▶ **YOUR GOAL**
Examine each line of the data, and copy the ones containing "then".

(Saved entries)
"""

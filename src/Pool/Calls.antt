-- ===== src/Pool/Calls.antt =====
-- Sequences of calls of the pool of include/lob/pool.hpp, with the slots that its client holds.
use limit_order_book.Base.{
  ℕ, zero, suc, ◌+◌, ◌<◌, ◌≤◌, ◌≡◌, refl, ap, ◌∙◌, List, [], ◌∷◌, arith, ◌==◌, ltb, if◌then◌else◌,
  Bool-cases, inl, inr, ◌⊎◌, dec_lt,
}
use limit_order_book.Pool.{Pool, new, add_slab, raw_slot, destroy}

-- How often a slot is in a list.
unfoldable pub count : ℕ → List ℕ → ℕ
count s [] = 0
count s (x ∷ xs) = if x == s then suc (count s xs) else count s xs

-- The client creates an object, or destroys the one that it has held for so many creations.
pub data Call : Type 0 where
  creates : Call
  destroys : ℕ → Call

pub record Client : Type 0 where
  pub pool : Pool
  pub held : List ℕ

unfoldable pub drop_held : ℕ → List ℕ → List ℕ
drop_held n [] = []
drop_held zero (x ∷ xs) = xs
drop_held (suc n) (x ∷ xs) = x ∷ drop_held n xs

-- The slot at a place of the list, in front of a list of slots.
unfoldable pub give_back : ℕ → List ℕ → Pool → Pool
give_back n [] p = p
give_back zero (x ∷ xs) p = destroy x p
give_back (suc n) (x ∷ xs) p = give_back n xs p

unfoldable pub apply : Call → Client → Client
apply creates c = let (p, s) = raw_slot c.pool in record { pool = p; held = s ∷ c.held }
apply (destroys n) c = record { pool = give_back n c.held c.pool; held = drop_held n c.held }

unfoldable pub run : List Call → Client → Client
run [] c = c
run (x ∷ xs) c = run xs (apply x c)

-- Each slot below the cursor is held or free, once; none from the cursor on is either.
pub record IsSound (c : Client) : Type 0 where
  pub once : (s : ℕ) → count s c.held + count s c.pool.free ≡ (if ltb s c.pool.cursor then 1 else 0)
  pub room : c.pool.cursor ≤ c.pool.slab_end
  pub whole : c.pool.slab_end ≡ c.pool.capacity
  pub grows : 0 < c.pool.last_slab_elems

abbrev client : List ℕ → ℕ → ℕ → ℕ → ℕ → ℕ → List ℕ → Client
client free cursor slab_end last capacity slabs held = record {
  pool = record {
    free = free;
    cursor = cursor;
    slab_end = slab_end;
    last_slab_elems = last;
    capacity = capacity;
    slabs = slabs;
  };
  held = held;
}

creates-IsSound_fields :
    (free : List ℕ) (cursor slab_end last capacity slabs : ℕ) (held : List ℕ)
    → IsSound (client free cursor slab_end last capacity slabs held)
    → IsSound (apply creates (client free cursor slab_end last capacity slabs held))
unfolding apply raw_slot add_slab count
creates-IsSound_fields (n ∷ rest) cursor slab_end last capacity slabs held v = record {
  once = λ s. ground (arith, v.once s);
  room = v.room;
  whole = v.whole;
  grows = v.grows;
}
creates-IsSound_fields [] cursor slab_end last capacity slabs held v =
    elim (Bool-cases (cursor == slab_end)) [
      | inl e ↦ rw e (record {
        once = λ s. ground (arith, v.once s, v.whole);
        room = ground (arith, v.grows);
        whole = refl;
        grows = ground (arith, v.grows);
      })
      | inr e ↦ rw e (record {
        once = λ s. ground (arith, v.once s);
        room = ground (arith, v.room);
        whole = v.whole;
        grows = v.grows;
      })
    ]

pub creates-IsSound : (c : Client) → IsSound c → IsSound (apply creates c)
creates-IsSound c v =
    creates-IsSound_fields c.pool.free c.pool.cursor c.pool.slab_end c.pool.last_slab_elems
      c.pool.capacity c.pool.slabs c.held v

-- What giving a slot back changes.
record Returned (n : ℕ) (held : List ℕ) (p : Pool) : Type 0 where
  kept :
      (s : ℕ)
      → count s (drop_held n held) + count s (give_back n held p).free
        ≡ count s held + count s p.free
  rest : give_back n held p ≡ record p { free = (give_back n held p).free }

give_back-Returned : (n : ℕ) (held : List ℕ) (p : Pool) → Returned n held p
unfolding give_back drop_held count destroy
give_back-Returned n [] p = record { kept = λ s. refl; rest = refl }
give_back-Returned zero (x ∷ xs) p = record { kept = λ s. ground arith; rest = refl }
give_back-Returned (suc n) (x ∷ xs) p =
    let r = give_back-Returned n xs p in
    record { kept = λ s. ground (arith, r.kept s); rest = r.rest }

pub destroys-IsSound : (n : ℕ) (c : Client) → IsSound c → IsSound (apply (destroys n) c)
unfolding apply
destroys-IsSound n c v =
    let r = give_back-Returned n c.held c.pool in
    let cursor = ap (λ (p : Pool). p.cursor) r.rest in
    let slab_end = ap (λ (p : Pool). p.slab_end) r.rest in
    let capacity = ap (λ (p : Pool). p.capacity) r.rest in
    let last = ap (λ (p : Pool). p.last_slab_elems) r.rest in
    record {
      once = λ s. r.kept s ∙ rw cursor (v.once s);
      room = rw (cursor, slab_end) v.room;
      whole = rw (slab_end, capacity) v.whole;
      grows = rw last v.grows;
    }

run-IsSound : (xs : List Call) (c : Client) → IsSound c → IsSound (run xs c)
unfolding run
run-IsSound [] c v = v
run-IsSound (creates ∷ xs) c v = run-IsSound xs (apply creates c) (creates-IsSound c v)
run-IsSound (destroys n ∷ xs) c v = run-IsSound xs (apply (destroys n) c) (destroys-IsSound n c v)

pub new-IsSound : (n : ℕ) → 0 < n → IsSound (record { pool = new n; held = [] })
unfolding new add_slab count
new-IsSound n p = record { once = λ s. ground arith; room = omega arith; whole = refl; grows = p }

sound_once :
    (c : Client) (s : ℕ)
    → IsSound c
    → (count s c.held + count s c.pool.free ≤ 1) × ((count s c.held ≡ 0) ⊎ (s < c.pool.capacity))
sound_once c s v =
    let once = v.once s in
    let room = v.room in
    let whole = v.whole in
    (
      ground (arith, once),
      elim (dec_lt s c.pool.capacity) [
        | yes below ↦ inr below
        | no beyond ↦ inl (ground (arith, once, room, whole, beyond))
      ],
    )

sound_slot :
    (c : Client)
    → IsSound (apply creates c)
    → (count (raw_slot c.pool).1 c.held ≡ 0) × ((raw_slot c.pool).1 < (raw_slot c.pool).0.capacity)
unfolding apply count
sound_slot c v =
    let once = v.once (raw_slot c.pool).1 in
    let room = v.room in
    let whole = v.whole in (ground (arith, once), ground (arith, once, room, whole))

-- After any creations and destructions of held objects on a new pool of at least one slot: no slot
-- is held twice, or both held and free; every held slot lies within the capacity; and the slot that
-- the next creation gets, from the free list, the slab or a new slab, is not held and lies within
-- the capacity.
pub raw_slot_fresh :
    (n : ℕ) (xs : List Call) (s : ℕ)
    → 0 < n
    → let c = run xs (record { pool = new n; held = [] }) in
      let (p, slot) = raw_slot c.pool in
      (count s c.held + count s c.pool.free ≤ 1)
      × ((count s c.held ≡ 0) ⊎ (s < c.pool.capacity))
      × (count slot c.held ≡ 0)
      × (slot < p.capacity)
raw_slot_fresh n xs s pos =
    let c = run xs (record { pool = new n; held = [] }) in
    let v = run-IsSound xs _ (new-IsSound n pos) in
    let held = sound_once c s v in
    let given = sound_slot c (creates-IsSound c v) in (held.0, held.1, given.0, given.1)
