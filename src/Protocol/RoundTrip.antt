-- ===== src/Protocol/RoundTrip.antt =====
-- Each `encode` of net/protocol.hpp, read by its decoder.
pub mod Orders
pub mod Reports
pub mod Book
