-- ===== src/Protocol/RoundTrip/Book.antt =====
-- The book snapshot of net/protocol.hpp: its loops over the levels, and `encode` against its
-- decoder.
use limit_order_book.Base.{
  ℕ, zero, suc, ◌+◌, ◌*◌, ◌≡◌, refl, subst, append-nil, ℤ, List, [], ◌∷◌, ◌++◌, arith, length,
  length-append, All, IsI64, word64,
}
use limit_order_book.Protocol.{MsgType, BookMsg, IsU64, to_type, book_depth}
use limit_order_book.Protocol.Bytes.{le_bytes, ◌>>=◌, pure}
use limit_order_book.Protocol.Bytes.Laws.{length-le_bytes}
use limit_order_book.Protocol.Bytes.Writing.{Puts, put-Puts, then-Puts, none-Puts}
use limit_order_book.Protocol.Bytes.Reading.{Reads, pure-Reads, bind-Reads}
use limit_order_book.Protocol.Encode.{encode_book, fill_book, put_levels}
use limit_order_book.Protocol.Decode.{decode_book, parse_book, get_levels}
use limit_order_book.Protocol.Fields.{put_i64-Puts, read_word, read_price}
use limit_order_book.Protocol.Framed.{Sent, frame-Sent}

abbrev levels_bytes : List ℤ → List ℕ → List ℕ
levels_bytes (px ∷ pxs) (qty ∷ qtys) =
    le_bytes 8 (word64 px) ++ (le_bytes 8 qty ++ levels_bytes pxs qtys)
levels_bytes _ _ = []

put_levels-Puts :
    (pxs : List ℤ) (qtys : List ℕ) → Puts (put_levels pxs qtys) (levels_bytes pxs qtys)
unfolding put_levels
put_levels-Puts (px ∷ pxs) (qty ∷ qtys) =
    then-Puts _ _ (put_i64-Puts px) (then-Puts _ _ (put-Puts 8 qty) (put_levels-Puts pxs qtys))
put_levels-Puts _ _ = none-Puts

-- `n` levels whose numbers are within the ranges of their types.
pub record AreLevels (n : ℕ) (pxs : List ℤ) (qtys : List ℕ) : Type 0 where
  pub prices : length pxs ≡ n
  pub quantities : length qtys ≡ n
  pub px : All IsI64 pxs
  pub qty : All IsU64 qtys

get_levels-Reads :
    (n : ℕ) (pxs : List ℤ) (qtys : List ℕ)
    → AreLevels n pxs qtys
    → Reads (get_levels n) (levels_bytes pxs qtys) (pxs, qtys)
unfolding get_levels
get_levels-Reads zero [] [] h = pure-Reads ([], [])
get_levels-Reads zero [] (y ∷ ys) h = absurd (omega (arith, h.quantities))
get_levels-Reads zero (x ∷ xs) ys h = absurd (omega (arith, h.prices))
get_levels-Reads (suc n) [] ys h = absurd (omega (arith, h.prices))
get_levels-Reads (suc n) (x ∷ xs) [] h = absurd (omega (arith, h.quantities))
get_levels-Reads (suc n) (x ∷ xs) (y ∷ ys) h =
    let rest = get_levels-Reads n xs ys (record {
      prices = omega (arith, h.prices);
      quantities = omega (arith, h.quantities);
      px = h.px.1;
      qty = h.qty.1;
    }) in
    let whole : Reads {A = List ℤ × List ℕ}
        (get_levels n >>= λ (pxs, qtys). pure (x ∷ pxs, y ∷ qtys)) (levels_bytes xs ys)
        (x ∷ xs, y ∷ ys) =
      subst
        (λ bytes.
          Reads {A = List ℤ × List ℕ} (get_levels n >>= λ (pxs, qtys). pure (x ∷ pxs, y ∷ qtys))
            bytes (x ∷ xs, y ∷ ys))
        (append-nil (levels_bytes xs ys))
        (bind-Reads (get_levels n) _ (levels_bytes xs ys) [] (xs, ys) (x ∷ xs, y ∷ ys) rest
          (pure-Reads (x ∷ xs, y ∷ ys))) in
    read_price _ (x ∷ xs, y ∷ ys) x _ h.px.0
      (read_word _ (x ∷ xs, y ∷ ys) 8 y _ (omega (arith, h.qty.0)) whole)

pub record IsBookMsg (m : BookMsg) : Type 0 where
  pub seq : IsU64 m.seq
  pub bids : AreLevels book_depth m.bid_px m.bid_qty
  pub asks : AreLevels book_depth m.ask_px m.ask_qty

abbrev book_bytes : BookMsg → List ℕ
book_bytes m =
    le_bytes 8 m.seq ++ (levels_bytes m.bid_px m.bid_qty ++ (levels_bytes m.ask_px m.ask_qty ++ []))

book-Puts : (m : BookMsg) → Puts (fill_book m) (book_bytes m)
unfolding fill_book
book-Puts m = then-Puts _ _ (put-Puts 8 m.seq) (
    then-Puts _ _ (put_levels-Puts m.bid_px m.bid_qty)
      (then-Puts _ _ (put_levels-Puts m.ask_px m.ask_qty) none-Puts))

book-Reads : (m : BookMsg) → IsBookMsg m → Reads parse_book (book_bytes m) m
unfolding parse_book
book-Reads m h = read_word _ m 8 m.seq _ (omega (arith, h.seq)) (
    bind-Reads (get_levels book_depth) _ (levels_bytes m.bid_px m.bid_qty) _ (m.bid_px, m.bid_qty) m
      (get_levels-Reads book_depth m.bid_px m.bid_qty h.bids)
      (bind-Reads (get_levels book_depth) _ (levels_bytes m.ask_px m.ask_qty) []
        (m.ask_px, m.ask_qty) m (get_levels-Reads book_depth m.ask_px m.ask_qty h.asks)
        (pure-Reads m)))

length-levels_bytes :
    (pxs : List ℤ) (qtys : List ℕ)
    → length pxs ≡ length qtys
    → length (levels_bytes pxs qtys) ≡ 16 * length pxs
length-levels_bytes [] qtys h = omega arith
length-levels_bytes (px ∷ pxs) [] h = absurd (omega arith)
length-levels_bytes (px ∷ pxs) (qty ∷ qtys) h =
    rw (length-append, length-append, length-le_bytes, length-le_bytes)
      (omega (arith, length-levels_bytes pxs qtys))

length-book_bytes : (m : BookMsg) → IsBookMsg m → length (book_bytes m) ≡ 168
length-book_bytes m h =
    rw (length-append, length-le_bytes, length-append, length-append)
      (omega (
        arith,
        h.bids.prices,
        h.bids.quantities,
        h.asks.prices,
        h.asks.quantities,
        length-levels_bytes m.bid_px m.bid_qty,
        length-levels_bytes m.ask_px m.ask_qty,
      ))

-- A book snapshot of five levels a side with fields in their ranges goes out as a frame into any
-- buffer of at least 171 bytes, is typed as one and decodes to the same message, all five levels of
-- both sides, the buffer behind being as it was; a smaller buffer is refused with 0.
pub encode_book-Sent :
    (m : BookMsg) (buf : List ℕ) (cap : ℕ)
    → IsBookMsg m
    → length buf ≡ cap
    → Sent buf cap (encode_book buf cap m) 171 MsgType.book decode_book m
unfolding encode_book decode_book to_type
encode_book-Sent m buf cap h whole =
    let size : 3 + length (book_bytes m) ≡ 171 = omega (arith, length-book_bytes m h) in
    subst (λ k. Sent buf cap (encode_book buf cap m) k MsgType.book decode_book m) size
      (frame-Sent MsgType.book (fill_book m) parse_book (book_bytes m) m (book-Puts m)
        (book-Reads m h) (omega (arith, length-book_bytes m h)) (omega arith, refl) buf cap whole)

"""

▶ **RESPONSE AREA**
  ℕ, zero, suc, ◌+◌, ◌<◌, ◌≤◌, ◌≡◌, refl, ap, ◌∙◌, List, [], ◌∷◌, arith, ◌==◌, ltb, if◌then◌else◌,
count s (x ∷ xs) = if x == s then suc (count s xs) else count s xs
  pub once : (s : ℕ) → count s c.held + count s c.pool.free ≡ (if ltb s c.pool.cursor then 1 else 0)
use limit_order_book.Protocol.Bytes.Writing.{Puts, put-Puts, then-Puts, none-Puts}
    then-Puts _ _ (put_i64-Puts px) (then-Puts _ _ (put-Puts 8 qty) (put_levels-Puts pxs qtys))
book-Puts m = then-Puts _ _ (put-Puts 8 m.seq) (
    then-Puts _ _ (put_levels-Puts m.bid_px m.bid_qty)
      (then-Puts _ _ (put_levels-Puts m.ask_px m.ask_qty) none-Puts))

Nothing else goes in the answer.